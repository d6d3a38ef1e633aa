-- ===== src/ModService.antt =====
-- muc_svc.c: the service on the processor that stands for the SVC of the modules.
pub mod Routes
pub mod Recovery
pub mod Requests
pub mod Connections
pub mod Forwarding
pub mod Untouched
pub mod Answering
pub mod Attach
pub mod Restored
pub mod Backoff
pub mod Messages
pub mod Waiting
pub mod Modules
mod Tests
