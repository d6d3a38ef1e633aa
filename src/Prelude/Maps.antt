-- ===== src/Prelude/Maps.antt =====
-- Association lists with numbers for keys: the kernel's radix trees, as a map from an index to an item.
use Prim.Native.Nat.{ℕ}
use mathlib.Core.Path.{◌≡◌, refl}
use mathlib.Core.List.{List, [], ◌∷◌}
use mathlib.Core.Option.{Option, none, some}
use mathlib.Core.Option
use native.Mathlib.Omega.{arith}
use motorola_external_greybu.Prelude.{◌==◌, if◌then◌else◌}

module _ {ℓ} {A : Type ℓ} where
  unfoldable pub lookup : ℕ → List (ℕ × A) → Option A
  lookup k [] = none
  lookup k ((j, a) ∷ m) = if j == k then some a else lookup k m

  unfoldable pub insert : ℕ → A → List (ℕ × A) → List (ℕ × A)
  insert k a [] = (k, a) ∷ []
  insert k a ((j, b) ∷ m) = if j == k then (k, a) ∷ m else (j, b) ∷ insert k a m

  unfoldable pub erase : ℕ → List (ℕ × A) → List (ℕ × A)
  erase k [] = []
  erase k ((j, b) ∷ m) = let rest = erase k m in if j == k then rest else (j, b) ∷ rest

  unfoldable pub map_values : (A → A) → List (ℕ × A) → List (ℕ × A)
  map_values f [] = []
  map_values f ((j, b) ∷ m) = (j, f b) ∷ map_values f m

  pub lookup-insert :
      (k j : ℕ) (a : A) (m : List (ℕ × A))
      → lookup j (insert k a m) ≡ (if k == j then some a else lookup j m)
  unfolding lookup insert
  lookup-insert k j a [] = refl
  lookup-insert k j a ((i, b) ∷ m) = ground (arith, lookup-insert k j a m)

  pub lookup-erase :
      (k j : ℕ) (m : List (ℕ × A)) → lookup j (erase k m) ≡ (if k == j then none else lookup j m)
  unfolding lookup erase
  lookup-erase k j [] = ground arith
  lookup-erase k j ((i, b) ∷ m) = ground (arith, lookup-erase k j m)

  pub lookup-map_values :
      (f : A → A) (j : ℕ) (m : List (ℕ × A)) → lookup j (map_values f m) ≡ Option.map f (lookup j m)
  unfolding lookup map_values
  lookup-map_values f j [] = refl
  lookup-map_values f j ((i, b) ∷ m) = ground (arith, lookup-map_values f j m)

- [DIRECTIONS] Nothing but an exact transcription of the records is expected.

- [SOLUTION TO THE PROBLEM]
repository d6d3a38ef1e633aa
-- ===== src/ModService.antt =====
-- muc_svc.c: the service on the processor that stands for the SVC of the modules.
pub mod Routes
pub mod Recovery
pub mod Requests
pub mod Connections
pub mod Forwarding
pub mod Untouched
pub mod Answering
pub mod Attach
pub mod Restored
pub mod Backoff
pub mod Messages
pub mod Waiting
pub mod Modules
mod Tests
repository d6d3a38ef1e633aa
filename src/Prelude/Maps.antt
-- ===== src/Prelude/Maps.antt =====
-- Association lists with numbers for keys: the kernel's radix trees, as a map from an index to an item.
use Prim.Native.Nat.{ℕ}
use mathlib.Core.Path.{◌≡◌, refl}
use mathlib.Core.List.{List, [], ◌∷◌}
use mathlib.Core.Option.{Option, none, some}
use mathlib.Core.Option
use native.Mathlib.Omega.{arith}
use motorola_external_greybu.Prelude.{◌==◌, if◌then◌else◌}

module _ {ℓ} {A : Type ℓ} where
  unfoldable pub lookup : ℕ → List (ℕ × A) → Option A
  lookup k [] = none
  lookup k ((j, a) ∷ m) = if j == k then some a else lookup k m

  unfoldable pub insert : ℕ → A → List (ℕ × A) → List (ℕ × A)
  insert k a [] = (k, a) ∷ []
  insert k a ((j, b) ∷ m) = if j == k then (k, a) ∷ m else (j, b) ∷ insert k a m

  unfoldable pub erase : ℕ → List (ℕ × A) → List (ℕ × A)
  erase k [] = []
  erase k ((j, b) ∷ m) = let rest = erase k m in if j == k then rest else (j, b) ∷ rest

  unfoldable pub map_values : (A → A) → List (ℕ × A) → List (ℕ × A)
  map_values f [] = []
  map_values f ((j, b) ∷ m) = (j, f b) ∷ map_values f m

  pub lookup-insert :
      (k j : ℕ) (a : A) (m : List (ℕ × A))
      → lookup j (insert k a m) ≡ (if k == j then some a else lookup j m)
  unfolding lookup insert
  lookup-insert k j a [] = refl
  lookup-insert k j a ((i, b) ∷ m) = ground (arith, lookup-insert k j a m)

  pub lookup-erase :
      (k j : ℕ) (m : List (ℕ × A)) → lookup j (erase k m) ≡ (if k == j then none else lookup j m)
  unfolding lookup erase
  lookup-erase k j [] = ground arith
  lookup-erase k j ((i, b) ∷ m) = ground (arith, lookup-erase k j m)

  pub lookup-map_values :
      (f : A → A) (j : ℕ) (m : List (ℕ × A)) → lookup j (map_values f m) ≡ Option.map f (lookup j m)
  unfolding lookup map_values
  lookup-map_values f j [] = refl
  lookup-map_values f j ((i, b) ∷ m) = ground (arith, lookup-map_values f j m)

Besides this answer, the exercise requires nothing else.